The problem:
Your response must be made up of each line in the data below that contains the string "number".
**** Data under study
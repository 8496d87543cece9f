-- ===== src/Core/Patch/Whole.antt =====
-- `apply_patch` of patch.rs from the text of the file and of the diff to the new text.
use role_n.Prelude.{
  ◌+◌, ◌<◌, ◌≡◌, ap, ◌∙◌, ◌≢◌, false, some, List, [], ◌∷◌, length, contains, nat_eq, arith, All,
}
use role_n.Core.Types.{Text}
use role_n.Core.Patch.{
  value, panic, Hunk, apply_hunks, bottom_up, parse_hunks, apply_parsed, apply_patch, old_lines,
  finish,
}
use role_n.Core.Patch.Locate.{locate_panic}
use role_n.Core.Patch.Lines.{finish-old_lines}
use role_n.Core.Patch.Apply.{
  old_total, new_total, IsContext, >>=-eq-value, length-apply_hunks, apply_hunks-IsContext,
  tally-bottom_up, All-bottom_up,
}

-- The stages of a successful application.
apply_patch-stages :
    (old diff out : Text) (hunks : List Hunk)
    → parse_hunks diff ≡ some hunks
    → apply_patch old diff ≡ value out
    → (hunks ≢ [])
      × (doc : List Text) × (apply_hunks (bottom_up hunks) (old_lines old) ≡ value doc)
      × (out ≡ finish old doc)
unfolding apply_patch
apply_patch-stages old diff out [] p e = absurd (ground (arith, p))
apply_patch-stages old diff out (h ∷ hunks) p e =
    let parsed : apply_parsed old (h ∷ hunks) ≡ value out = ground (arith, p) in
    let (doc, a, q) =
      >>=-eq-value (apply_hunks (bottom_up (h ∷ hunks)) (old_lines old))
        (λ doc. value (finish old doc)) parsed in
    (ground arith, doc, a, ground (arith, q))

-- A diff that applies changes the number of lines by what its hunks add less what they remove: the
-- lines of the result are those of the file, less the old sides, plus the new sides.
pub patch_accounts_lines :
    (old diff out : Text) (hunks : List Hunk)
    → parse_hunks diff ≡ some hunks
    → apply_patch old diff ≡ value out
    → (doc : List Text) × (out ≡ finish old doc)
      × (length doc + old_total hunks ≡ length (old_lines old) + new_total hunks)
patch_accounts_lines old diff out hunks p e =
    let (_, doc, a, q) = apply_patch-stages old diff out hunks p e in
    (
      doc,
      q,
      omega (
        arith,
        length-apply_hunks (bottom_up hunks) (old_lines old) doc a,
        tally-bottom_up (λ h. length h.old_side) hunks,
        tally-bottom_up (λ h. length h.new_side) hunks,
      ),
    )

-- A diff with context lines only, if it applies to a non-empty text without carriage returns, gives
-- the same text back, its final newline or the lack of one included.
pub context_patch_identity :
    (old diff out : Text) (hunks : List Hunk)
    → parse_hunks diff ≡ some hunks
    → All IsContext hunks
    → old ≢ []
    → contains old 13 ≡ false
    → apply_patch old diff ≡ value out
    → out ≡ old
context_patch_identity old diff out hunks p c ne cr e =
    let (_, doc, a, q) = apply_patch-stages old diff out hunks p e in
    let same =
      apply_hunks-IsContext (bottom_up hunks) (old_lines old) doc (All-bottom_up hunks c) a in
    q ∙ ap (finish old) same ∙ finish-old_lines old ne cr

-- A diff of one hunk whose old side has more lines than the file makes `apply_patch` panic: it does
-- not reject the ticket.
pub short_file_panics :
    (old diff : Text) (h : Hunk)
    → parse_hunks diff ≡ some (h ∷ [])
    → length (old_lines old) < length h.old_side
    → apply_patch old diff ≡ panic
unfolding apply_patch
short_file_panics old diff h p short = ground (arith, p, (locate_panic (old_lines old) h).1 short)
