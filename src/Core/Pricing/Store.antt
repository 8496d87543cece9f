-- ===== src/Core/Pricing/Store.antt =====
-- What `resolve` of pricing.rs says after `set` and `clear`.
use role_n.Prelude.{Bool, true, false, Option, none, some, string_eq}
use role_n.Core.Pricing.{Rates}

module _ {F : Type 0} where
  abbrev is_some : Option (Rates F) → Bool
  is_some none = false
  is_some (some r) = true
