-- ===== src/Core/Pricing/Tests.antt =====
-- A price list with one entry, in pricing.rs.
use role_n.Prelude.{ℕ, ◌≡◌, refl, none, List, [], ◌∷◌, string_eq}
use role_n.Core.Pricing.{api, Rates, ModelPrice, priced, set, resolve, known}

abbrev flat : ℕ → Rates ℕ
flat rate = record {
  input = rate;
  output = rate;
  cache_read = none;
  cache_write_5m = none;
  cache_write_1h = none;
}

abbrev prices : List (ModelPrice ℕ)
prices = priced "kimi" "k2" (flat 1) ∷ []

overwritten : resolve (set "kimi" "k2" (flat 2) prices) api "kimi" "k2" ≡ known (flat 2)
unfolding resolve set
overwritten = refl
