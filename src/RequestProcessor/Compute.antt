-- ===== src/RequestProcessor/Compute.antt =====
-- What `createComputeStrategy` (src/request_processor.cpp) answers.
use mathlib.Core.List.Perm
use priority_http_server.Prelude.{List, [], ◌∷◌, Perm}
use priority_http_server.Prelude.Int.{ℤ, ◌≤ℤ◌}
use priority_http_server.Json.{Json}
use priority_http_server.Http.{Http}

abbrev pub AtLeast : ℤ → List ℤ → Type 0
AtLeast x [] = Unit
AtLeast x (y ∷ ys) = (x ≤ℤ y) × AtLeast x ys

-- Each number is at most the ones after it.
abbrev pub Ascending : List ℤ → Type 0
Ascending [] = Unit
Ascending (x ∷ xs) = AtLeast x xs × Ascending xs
********
Result of this exercise:
-- A diff that applies changes the number of lines by what its hunks add less what they remove: the
-- Each number is at most the ones after it.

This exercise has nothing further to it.